Entrepreneurs are willing to operate on the belief that the state should start earning back the money paid in benefits.

The owner of several restaurants, Māris Kreilis, pointed out: “When we remember May last year, we used the whole yard, with 40 tables. There were distances, there were fences, there were flowers in front. There is no logic in many decisions, first, and second, also in action. We see what is happening on the streets right now, people standing by the shops in rows, bustling."

Kreilis, who has three catering companies in Riga, said that two of them are on total downtime, but one can work part-time.

“We as an industry are prepared to chase those people, watch them, what we are already actually doing. People are very understanding and you can talk with everybody,” he explained.

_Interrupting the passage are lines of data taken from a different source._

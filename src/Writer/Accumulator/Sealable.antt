-- ===== src/Writer/Accumulator/Sealable.antt =====
-- Events whose row keys can be hashed can be ordered, and a segment of them sealed.
use external_database_audit.Base.{
  ◌<◌, ◌≡◌, ◌∙◌, refl, ap, String, Bool, true, false, not, List, [], ◌∷◌, if◌then◌else◌, arith,
}
use external_database_audit.Base.Lists.{length}
use external_database_audit.Base.Platform.{Platform}
use external_database_audit.Base.Result.{Result, ok, err, is_ok}
use external_database_audit.Canonical.Json.{CanonicalError}
use external_database_audit.Cce.{Cce}
use external_database_audit.Cce.Order.{
  Order, less, same, greater, first_object, hash_or_empty, place, then_by, compare_keys,
  compare_rows, compare_ties, compare_cce, insert_cce, order_cces, cmp_str,
}
use external_database_audit.Writer.Prepared.{count-order}
use external_database_audit.Writer.Sealing.{OpenSegment, SealReady, SealTrigger, count}
use external_database_audit.Writer.Accumulator.{
  Accumulator, Sealed, Called, continued, seal_ordered, seal, seal_then,
}
use external_database_audit.Writer.Accumulator.Takes.{Takes, length-count, seal-Takes}

is_ok-value : (r : Result CanonicalError String) → not (is_ok r) ≡ false → (s : String) × (r ≡ ok s)
is_ok-value (ok s) h = (s, refl)
is_ok-value (err e) h = absurd (cc)

-- a call that returns
abbrev pub Returns : Called → Type 0
Returns called = (r : Accumulator × List SealReady) × (called ≡ ok r)

sealed_next :
    (m : Sealed) (next : Accumulator → Called) (left last : Accumulator) (s : SealReady)
    (more : List SealReady)
    → m ≡ ok (left, s)
    → next left ≡ ok (last, more)
    → continued m next ≡ ok (last, s ∷ more)
sealed_next m next left last s more e g = rw (e, g)

pub if-total :
    (b : Bool) (x y : Called)
    → (b ≡ true → Returns x)
    → (b ≡ false → Returns y)
    → Returns (if b then x else y)
if-total true x y f g = f refl
if-total false x y f g = g refl

place-total :
    (a b : Cce) (cs rest : List Cce) (o : Order)
    → (ds : List Cce) × (place a b cs (ok rest) o ≡ ok ds)
place-total a b cs rest less = (a ∷ b ∷ cs, refl)
place-total a b cs rest same = (a ∷ b ∷ cs, refl)
place-total a b cs rest greater = (b ∷ rest, refl)

module _ (js : Platform) where
  -- an event whose row key cannot be hashed
  abbrev pub unhashable : Cce → Bool
  unhashable c = not (is_ok (hash_or_empty js (first_object c.changes)))

  compare_cce-total :
      (a b : Cce)
      → unhashable a ≡ false
      → unhashable b ≡ false
      → (o : Order) × (compare_cce js a b ≡ ok o)
  unfolding compare_cce compare_ties compare_rows
  compare_cce-total a b ha hb =
      elim (compare_keys js a b) as (λ k. (o : Order) × (compare_ties js k a b ≡ ok o)) [
        | less ↦ (less, refl)
        | greater ↦ (greater, refl)
        | same ↦
            let (x, e) = is_ok-value (hash_or_empty js (first_object a.changes)) ha in
            let (y, f) = is_ok-value (hash_or_empty js (first_object b.changes)) hb in
            (
              then_by (cmp_str x y) (cmp_str a.envelope_id b.envelope_id),
              rw (e, f, compare_ties, compare_rows),
            )
      ]

  insert_cce-total :
      (a : Cce) (cs : List Cce)
      → count unhashable (a ∷ cs) ≡ 0
      → (ds : List Cce) × (insert_cce js a cs ≡ ok ds)
  unfolding insert_cce
  insert_cce-total a [] h = (a ∷ [], refl)
  insert_cce-total a (b ∷ cs) h =
      let (rest, e) = insert_cce-total a cs (omega (arith, h)) in
      let (o, f) = compare_cce-total a b (ground arith) (ground arith) in
      let (ds, g) = place-total a b cs rest o in (ds, rw (f, e) g)

  order_cces-total :
      (cs : List Cce) → count unhashable cs ≡ 0 → (ds : List Cce) × (order_cces js cs ≡ ok ds)
  unfolding order_cces
  order_cces-total [] h = ([], refl)
  order_cces-total (a ∷ cs) h =
      let (rest, e) = order_cces-total cs (omega (arith, h)) in
      let (ds, f) =
        insert_cce-total a rest (omega (arith, h, count-order js unhashable cs rest e)) in
      (ds, rw e f)

  seal_ordered-total :
      (seg : OpenSegment) (trigger : SealTrigger) (closed_at : String) (cs : List Cce)
      (acc : Accumulator)
      → 0 < length cs
      → (r : Accumulator × SealReady) × (seal_ordered js seg trigger closed_at (ok cs) acc ≡ ok r)
  unfolding seal_ordered
  seal_ordered-total seg trigger closed_at [] acc h = absurd (omega arith)
  seal_ordered-total seg trigger closed_at (c ∷ cs) acc h = (_, refl)

  seal-total :
      (seg : OpenSegment) (trigger : SealTrigger) (closed_at : String) (acc : Accumulator)
      → count unhashable seg.objects ≡ 0
      → 0 < length seg.objects
      → (r : Accumulator × SealReady) × (seal js seg trigger closed_at acc ≡ ok r)
  unfolding seal
  seal-total seg trigger closed_at acc h pos =
      let (ds, e) = order_cces-total seg.objects h in
      let same = count-order js (λ c. true) seg.objects ds e in
      let (r, f) =
        seal_ordered-total seg trigger closed_at ds acc
          (omega (arith, same, length-count ds, length-count seg.objects)) in
      (r, ap (λ o. seal_ordered js seg trigger closed_at o acc) e ∙ f)

  pub seal_then-total :
      (seg : OpenSegment) (trigger : SealTrigger) (closed_at : String) (acc : Accumulator)
      (next : Accumulator → Called)
      → count unhashable seg.objects ≡ 0
      → 0 < length seg.objects
      → ((left : Accumulator) (s : SealReady) → Takes seg acc left s → Returns (next left))
      → Returns (seal_then js seg trigger closed_at acc next)
  unfolding seal_then
  seal_then-total seg trigger closed_at acc next h pos follows =
      let ((left, s), e) = seal-total seg trigger closed_at acc h pos in
      let ((last, more), g) = follows left s (seal-Takes js seg trigger closed_at acc left s e) in
      ((last, s ∷ more), sealed_next (seal js seg trigger closed_at acc) next left last s more e g)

The existing arrangements, when food can be bought for takeaway, provides for the survival of individual companies, but financially it also has other negative effects, such as the increase of plastic mountains. With a campaign “NO to Plastic! YES to terraces!” the industry hopes to return to the terraces sooner.

“To be able to serve guests face-to-face, from normal, real tableware rather than plastic boxes. Also meeting with [epidemiologist Jurijs] Perevoščikovs, he did not convince me that squeezing on a park bench or sitting on the sidewalk, or eating by an electricity box, is safer than on the disinfected terraces,” Jenzis said.

Māris Kreilis said: “If in the nearest [future], at latest the May holiday – if it does not open, then it is very decisive for many. Some flights to resorts are already allowed right now. People have a choice – all right, I can fly, I won't leave my money here. Maybe let's allow staying here?”